[Stored dataset items]
------------------------------------

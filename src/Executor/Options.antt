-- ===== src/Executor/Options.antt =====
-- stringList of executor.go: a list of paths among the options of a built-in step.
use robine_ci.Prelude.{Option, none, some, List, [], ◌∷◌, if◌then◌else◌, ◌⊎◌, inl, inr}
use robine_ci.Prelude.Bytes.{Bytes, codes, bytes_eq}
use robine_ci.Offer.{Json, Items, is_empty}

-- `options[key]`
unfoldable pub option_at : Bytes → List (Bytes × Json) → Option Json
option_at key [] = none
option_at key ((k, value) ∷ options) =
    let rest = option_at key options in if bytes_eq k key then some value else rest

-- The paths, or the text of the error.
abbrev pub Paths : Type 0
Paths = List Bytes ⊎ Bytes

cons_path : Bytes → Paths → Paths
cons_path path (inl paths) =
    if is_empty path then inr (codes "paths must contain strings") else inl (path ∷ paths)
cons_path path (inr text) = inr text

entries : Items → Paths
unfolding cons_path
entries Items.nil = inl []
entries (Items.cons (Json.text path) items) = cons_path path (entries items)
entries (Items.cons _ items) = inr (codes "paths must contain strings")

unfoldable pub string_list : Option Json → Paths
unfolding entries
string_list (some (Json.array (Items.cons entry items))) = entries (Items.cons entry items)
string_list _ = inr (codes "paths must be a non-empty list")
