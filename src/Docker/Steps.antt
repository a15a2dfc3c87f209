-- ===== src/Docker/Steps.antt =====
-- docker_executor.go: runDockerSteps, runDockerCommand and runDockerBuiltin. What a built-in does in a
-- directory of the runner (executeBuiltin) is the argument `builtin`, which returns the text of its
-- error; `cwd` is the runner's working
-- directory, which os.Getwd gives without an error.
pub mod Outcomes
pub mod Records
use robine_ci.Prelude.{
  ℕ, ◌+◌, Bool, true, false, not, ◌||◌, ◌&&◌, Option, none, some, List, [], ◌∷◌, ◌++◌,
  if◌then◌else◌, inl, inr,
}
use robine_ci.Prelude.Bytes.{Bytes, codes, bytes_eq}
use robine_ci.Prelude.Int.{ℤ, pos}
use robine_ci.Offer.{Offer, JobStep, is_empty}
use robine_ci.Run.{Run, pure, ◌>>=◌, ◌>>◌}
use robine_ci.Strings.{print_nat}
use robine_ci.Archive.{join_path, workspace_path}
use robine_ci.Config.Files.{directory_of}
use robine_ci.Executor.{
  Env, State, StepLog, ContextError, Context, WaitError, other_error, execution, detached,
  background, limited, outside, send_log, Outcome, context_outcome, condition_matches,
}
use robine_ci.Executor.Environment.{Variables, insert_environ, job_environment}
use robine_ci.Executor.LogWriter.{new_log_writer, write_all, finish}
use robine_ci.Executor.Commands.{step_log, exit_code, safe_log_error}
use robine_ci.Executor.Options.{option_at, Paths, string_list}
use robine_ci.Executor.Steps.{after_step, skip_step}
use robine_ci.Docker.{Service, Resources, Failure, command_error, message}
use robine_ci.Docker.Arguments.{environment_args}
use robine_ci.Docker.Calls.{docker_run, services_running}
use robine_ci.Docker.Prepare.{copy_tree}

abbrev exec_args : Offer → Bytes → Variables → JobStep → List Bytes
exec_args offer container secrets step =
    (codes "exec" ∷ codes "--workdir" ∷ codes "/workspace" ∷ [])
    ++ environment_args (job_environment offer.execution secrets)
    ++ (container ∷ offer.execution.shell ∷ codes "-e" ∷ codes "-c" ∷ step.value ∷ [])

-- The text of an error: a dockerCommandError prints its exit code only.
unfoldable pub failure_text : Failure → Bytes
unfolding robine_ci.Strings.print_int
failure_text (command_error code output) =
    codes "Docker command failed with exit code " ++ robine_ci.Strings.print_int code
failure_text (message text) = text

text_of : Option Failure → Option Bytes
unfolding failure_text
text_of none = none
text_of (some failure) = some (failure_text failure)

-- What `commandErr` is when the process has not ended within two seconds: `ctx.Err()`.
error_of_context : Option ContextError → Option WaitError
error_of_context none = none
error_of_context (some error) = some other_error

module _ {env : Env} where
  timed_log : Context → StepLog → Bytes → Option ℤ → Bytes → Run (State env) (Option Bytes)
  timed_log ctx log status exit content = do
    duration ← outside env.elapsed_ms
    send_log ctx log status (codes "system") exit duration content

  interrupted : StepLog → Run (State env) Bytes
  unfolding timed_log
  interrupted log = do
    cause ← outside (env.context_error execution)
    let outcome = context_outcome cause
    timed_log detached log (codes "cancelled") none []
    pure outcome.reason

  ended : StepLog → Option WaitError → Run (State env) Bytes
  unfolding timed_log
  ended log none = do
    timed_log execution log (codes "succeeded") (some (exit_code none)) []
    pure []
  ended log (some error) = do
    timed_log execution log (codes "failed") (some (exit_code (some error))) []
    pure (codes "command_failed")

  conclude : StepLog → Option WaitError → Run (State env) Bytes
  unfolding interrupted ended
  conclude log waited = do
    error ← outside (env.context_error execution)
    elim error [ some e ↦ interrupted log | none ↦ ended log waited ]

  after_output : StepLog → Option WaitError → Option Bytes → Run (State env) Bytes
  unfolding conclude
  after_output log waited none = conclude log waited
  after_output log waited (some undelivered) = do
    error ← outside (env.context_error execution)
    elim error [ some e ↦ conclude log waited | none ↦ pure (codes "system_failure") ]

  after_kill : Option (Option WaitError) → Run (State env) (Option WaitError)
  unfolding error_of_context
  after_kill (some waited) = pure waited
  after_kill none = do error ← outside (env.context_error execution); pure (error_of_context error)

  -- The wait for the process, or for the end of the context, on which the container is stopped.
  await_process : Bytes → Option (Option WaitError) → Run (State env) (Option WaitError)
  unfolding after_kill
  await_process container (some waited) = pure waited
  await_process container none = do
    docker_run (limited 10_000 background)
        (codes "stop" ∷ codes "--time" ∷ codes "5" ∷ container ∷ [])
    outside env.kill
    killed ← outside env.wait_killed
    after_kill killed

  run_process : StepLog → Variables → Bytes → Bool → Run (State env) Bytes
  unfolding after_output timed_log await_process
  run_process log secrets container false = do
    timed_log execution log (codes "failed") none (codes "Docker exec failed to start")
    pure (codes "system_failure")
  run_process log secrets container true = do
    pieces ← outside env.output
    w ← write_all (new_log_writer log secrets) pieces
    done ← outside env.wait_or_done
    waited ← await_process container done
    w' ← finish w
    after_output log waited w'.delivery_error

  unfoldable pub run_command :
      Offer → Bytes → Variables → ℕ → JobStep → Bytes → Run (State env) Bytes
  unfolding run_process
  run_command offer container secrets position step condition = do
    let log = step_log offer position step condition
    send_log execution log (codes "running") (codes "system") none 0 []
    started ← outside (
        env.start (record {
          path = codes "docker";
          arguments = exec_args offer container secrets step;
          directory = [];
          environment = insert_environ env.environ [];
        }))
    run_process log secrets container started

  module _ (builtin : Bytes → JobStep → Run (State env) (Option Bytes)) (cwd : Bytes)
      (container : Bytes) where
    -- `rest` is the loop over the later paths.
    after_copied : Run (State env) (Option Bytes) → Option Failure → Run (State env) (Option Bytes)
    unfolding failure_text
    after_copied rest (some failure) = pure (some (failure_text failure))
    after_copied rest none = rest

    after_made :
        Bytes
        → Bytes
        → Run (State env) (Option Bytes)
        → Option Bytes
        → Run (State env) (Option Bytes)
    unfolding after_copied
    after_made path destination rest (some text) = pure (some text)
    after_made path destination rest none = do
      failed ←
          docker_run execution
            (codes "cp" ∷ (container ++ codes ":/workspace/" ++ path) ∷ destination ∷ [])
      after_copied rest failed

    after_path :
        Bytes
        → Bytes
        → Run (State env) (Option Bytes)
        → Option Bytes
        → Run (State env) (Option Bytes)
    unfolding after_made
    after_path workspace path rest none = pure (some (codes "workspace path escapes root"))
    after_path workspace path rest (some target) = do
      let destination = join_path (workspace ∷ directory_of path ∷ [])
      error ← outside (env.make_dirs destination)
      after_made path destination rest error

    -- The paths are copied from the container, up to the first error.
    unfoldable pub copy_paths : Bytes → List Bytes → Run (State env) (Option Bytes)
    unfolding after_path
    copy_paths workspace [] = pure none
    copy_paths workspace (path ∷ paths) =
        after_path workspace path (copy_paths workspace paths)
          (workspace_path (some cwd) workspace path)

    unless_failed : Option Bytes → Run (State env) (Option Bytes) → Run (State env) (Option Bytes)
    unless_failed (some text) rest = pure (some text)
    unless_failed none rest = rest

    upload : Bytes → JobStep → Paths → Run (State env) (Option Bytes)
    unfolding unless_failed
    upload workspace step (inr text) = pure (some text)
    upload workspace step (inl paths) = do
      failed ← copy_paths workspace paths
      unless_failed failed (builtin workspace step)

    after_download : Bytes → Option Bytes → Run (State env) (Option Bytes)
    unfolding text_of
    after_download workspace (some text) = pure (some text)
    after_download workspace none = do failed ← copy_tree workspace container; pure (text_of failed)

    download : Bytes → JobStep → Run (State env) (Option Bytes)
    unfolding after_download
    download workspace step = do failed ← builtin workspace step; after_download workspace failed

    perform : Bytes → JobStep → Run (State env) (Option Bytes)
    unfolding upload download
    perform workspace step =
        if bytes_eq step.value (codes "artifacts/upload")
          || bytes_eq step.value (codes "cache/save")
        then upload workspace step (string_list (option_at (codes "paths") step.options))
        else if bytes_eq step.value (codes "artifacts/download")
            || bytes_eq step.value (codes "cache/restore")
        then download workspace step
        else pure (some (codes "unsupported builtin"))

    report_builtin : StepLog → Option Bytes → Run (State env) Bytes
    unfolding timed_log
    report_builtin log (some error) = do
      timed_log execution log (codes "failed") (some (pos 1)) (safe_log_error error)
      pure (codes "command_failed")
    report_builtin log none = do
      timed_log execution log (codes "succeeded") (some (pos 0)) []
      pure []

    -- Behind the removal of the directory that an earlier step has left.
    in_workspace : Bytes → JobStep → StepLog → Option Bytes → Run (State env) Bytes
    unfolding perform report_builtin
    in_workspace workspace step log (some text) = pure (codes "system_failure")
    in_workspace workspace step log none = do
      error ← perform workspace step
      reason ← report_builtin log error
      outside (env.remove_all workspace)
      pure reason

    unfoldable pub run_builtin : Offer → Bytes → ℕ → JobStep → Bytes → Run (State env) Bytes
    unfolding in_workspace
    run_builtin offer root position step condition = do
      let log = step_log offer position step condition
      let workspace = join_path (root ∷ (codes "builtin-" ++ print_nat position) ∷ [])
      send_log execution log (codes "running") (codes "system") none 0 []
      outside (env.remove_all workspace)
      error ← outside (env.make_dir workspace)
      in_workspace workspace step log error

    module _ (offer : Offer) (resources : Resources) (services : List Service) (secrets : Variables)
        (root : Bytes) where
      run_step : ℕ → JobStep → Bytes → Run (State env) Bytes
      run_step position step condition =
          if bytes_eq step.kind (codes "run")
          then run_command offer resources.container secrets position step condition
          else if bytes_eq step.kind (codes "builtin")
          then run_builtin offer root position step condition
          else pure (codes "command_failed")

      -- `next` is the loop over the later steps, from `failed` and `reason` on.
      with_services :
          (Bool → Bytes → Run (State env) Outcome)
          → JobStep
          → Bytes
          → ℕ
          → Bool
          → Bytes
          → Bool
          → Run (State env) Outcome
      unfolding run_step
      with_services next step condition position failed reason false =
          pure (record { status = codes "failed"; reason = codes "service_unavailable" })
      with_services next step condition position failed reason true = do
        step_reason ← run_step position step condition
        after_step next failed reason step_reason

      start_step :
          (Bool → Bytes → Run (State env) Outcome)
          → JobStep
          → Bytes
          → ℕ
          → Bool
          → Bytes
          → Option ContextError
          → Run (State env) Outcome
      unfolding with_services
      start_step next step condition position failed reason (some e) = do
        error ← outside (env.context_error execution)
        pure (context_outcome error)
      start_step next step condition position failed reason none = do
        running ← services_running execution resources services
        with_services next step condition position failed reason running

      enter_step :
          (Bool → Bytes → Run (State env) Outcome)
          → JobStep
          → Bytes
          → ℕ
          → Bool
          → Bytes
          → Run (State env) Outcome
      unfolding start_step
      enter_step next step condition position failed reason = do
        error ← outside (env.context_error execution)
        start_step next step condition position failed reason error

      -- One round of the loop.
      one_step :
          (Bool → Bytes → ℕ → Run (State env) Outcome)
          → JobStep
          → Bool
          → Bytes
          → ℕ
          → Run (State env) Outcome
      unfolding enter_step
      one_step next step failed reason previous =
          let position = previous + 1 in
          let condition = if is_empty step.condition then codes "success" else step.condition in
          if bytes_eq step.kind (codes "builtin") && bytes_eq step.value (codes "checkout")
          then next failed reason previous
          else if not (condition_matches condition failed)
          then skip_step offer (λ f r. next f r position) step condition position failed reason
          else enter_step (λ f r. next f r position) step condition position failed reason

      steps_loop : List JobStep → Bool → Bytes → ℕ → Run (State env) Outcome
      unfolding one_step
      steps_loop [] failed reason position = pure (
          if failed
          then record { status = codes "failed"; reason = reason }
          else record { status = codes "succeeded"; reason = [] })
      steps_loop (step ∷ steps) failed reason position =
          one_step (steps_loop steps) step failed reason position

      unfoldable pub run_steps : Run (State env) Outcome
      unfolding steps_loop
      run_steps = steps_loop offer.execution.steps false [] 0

------------------------------------

■ **How to complete this task**
In the entries above, one line contains "if is_empty path" and another contains "-- ===== src/Docker/Steps.antt". Reproduce exactly those two lines and the lines between them, nothing else.

■ **Task solution**
    if is_empty path then inr (codes "paths must contain strings") else inl (path ∷ paths)
cons_path path (inr text) = inr text

entries : Items → Paths
unfolding cons_path
entries Items.nil = inl []
entries (Items.cons (Json.text path) items) = cons_path path (entries items)
entries (Items.cons _ items) = inr (codes "paths must contain strings")

unfoldable pub string_list : Option Json → Paths
unfolding entries
string_list (some (Json.array (Items.cons entry items))) = entries (Items.cons entry items)
string_list _ = inr (codes "paths must be a non-empty list")
filename src/Docker/Steps.antt
repository a15a2dfc3c87f209
-- ===== src/Docker/Steps.antt =====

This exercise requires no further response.